Below are some records. Reproduce them exactly from their first line through the line with "unfolding decode_pointer encode_pointer", inclusive.

**Task data:**
☆ ☆ ☆ ☆ ☆

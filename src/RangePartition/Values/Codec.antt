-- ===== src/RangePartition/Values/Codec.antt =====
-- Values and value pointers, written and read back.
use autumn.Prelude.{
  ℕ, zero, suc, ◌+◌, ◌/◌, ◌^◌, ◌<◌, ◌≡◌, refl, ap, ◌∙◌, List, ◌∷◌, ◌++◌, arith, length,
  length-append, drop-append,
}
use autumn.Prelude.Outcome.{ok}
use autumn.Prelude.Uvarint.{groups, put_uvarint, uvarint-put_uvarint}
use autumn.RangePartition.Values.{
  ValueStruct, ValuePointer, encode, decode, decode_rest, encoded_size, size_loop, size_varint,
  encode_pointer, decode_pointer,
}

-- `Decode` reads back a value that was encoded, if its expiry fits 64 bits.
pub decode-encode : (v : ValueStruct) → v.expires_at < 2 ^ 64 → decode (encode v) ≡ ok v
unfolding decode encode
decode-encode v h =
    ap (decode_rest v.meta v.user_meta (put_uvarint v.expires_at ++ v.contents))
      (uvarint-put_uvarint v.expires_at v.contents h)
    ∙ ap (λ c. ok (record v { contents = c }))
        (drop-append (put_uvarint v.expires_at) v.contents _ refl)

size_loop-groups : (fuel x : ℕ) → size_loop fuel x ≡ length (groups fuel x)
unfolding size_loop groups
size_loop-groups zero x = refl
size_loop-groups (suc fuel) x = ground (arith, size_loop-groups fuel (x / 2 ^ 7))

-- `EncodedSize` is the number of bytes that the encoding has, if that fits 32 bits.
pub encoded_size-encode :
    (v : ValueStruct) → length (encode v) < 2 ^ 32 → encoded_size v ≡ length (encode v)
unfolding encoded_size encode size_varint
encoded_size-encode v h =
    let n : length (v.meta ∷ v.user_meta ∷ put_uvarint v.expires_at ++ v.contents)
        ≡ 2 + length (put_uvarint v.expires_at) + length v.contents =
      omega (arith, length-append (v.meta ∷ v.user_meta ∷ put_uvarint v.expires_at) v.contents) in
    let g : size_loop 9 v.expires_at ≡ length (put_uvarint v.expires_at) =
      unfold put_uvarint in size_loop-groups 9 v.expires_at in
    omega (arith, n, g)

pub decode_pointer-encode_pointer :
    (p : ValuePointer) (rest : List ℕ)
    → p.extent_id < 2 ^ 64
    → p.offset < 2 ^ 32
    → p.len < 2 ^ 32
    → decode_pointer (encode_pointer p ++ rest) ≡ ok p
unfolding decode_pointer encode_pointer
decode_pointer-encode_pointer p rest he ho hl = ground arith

☆ ☆ ☆ ☆ ☆

**Answer for the task:**
filename src/RangePartition/Values/Codec.antt
-- ===== src/RangePartition/Values/Codec.antt =====
-- Values and value pointers, written and read back.
use autumn.Prelude.{
  ℕ, zero, suc, ◌+◌, ◌/◌, ◌^◌, ◌<◌, ◌≡◌, refl, ap, ◌∙◌, List, ◌∷◌, ◌++◌, arith, length,
  length-append, drop-append,
}
use autumn.Prelude.Outcome.{ok}
use autumn.Prelude.Uvarint.{groups, put_uvarint, uvarint-put_uvarint}
use autumn.RangePartition.Values.{
  ValueStruct, ValuePointer, encode, decode, decode_rest, encoded_size, size_loop, size_varint,
  encode_pointer, decode_pointer,
}

-- `Decode` reads back a value that was encoded, if its expiry fits 64 bits.
pub decode-encode : (v : ValueStruct) → v.expires_at < 2 ^ 64 → decode (encode v) ≡ ok v
unfolding decode encode
decode-encode v h =
    ap (decode_rest v.meta v.user_meta (put_uvarint v.expires_at ++ v.contents))
      (uvarint-put_uvarint v.expires_at v.contents h)
    ∙ ap (λ c. ok (record v { contents = c }))
        (drop-append (put_uvarint v.expires_at) v.contents _ refl)

size_loop-groups : (fuel x : ℕ) → size_loop fuel x ≡ length (groups fuel x)
unfolding size_loop groups
size_loop-groups zero x = refl
size_loop-groups (suc fuel) x = ground (arith, size_loop-groups fuel (x / 2 ^ 7))

-- `EncodedSize` is the number of bytes that the encoding has, if that fits 32 bits.
pub encoded_size-encode :
    (v : ValueStruct) → length (encode v) < 2 ^ 32 → encoded_size v ≡ length (encode v)
unfolding encoded_size encode size_varint
encoded_size-encode v h =
    let n : length (v.meta ∷ v.user_meta ∷ put_uvarint v.expires_at ++ v.contents)
        ≡ 2 + length (put_uvarint v.expires_at) + length v.contents =
      omega (arith, length-append (v.meta ∷ v.user_meta ∷ put_uvarint v.expires_at) v.contents) in
    let g : size_loop 9 v.expires_at ≡ length (put_uvarint v.expires_at) =
      unfold put_uvarint in size_loop-groups 9 v.expires_at in
    omega (arith, n, g)

pub decode_pointer-encode_pointer :
    (p : ValuePointer) (rest : List ℕ)
    → p.extent_id < 2 ^ 64
    → p.offset < 2 ^ 32
    → p.len < 2 ^ 32
    → decode_pointer (encode_pointer p ++ rest) ≡ ok p
unfolding decode_pointer encode_pointer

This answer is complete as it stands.